After finding the line with "Covers-congr got (insert id got) (suc" in the data below, set down exactly each line through the one with "covers = d.rest;", inclusive, and stop there.

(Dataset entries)
━━━━━━━━━━━━━━━━
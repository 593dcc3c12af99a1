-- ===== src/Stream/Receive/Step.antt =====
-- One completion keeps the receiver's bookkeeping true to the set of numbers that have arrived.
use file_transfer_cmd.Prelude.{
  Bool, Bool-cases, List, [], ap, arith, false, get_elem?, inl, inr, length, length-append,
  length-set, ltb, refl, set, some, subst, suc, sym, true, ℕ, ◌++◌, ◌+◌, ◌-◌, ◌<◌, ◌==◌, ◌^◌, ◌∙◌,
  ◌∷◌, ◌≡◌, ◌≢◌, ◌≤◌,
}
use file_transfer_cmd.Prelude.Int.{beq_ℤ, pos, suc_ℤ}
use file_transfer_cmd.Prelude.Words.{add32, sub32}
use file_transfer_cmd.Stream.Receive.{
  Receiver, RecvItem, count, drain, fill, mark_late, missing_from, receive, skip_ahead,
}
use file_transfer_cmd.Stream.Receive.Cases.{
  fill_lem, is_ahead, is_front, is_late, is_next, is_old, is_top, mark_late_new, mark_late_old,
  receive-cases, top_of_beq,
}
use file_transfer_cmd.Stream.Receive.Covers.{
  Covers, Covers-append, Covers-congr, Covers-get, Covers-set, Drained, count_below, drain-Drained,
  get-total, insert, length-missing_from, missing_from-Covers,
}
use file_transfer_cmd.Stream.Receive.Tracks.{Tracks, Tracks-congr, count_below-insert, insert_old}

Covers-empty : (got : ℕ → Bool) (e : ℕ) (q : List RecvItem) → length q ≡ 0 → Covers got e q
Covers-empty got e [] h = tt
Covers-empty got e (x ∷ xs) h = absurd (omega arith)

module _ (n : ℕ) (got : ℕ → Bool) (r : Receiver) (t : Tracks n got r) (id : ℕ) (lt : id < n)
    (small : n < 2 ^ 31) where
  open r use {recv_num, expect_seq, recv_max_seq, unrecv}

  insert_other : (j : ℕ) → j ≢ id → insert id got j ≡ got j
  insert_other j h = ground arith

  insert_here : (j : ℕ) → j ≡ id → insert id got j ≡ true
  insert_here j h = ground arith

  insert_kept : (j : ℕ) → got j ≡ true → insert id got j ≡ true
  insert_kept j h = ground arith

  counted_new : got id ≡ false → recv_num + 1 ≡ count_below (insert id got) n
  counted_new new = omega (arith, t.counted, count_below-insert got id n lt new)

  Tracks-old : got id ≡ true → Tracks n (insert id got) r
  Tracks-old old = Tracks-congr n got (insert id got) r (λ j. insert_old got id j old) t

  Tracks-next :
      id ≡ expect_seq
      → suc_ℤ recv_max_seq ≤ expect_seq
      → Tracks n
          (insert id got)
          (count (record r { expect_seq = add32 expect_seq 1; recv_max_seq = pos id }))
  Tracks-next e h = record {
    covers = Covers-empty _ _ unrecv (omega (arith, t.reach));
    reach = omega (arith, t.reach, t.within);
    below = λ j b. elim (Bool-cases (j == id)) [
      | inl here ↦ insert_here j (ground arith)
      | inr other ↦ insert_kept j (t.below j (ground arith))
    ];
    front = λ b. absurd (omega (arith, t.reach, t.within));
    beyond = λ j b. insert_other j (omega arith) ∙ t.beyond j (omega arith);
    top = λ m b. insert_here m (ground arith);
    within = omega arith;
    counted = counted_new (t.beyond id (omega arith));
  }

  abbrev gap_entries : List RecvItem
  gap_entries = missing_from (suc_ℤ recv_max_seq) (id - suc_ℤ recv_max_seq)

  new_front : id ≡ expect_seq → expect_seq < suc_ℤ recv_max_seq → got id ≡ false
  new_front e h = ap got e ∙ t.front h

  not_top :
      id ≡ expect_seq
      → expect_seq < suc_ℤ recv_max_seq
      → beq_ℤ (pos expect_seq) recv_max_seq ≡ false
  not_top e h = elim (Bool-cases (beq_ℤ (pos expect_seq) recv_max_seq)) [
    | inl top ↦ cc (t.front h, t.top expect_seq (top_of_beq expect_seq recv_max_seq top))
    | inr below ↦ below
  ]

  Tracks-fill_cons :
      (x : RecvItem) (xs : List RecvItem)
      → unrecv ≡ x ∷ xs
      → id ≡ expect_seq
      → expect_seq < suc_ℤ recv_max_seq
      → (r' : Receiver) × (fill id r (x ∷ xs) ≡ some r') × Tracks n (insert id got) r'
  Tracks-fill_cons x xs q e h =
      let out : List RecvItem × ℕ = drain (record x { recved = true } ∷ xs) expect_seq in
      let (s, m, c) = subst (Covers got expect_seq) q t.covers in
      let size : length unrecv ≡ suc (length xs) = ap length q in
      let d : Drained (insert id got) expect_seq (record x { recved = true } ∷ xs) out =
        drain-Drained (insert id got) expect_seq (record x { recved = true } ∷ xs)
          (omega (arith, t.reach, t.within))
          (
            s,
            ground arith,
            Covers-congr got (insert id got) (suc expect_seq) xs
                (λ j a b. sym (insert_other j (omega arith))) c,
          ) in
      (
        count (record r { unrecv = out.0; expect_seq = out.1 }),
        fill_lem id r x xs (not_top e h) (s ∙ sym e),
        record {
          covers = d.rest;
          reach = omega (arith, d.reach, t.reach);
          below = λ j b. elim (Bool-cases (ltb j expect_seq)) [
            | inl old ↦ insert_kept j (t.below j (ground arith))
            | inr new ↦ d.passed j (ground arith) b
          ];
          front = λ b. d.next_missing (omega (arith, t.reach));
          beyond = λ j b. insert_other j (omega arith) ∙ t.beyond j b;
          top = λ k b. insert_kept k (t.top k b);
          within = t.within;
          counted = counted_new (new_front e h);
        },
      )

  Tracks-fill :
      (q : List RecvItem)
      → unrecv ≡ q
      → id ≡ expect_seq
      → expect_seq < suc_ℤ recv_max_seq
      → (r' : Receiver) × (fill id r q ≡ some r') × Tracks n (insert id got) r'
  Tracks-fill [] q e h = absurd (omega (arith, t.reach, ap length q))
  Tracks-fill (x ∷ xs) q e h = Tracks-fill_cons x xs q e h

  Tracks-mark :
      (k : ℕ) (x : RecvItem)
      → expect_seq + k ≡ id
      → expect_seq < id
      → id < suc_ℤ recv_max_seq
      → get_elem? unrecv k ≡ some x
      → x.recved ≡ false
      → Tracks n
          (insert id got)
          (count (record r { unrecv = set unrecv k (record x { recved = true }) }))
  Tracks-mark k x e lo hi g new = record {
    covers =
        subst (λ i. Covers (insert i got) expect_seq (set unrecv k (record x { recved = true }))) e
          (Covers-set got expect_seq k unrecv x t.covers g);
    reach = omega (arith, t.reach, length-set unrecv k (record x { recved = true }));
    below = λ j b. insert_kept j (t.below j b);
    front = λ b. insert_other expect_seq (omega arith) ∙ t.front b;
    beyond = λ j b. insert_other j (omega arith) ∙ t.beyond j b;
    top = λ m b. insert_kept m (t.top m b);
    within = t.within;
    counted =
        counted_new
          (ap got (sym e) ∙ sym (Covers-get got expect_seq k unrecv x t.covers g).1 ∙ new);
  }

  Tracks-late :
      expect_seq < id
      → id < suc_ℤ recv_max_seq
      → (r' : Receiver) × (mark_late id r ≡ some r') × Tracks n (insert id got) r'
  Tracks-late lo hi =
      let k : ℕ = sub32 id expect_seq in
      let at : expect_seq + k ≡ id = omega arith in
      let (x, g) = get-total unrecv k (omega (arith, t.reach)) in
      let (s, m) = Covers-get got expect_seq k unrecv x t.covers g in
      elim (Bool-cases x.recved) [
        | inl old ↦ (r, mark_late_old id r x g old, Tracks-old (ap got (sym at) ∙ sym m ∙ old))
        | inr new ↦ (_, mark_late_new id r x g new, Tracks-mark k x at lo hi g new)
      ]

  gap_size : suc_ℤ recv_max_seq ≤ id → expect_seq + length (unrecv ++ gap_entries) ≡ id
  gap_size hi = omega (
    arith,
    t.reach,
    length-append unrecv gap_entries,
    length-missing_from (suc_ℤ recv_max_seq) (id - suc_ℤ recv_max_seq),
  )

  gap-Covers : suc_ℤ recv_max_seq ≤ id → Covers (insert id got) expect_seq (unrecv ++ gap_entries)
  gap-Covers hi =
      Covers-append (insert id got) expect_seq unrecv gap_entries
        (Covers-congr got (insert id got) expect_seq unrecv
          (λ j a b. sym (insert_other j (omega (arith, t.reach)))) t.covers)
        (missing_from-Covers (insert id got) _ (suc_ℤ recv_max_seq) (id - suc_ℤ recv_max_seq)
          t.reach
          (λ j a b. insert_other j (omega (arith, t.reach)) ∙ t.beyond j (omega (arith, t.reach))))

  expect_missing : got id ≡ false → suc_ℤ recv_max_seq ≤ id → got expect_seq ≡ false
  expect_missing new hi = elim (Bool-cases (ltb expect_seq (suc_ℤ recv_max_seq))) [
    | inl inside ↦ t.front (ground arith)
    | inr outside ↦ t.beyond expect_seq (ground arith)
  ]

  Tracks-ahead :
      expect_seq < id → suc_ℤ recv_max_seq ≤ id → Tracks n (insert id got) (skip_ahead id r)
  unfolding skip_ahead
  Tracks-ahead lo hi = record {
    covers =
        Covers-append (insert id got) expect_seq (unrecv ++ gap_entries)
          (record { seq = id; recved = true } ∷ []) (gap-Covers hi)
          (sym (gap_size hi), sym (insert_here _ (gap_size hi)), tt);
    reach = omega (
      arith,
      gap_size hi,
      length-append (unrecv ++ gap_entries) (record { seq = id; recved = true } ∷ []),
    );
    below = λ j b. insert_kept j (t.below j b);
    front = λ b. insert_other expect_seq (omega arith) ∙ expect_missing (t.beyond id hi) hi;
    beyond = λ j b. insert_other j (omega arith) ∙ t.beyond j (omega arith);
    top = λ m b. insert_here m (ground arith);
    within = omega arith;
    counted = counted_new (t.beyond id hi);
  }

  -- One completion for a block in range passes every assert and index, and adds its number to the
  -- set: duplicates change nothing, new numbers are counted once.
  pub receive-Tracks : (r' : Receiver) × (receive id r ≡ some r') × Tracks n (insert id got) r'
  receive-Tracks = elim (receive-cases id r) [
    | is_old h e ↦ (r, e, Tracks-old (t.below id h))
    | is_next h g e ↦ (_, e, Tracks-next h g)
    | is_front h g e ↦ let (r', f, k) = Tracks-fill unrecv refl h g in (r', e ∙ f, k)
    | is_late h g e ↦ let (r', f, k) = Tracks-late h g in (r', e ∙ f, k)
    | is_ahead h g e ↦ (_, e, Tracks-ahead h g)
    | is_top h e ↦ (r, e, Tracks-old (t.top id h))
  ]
━━━━━━━━━━━━━━━━
> [Result]:
            Covers-congr got (insert id got) (suc expect_seq) xs
                (λ j a b. sym (insert_other j (omega arith))) c,
          ) in
      (
        count (record r { unrecv = out.0; expect_seq = out.1 }),
        fill_lem id r x xs (not_top e h) (s ∙ sym e),
        record {
          covers = d.rest;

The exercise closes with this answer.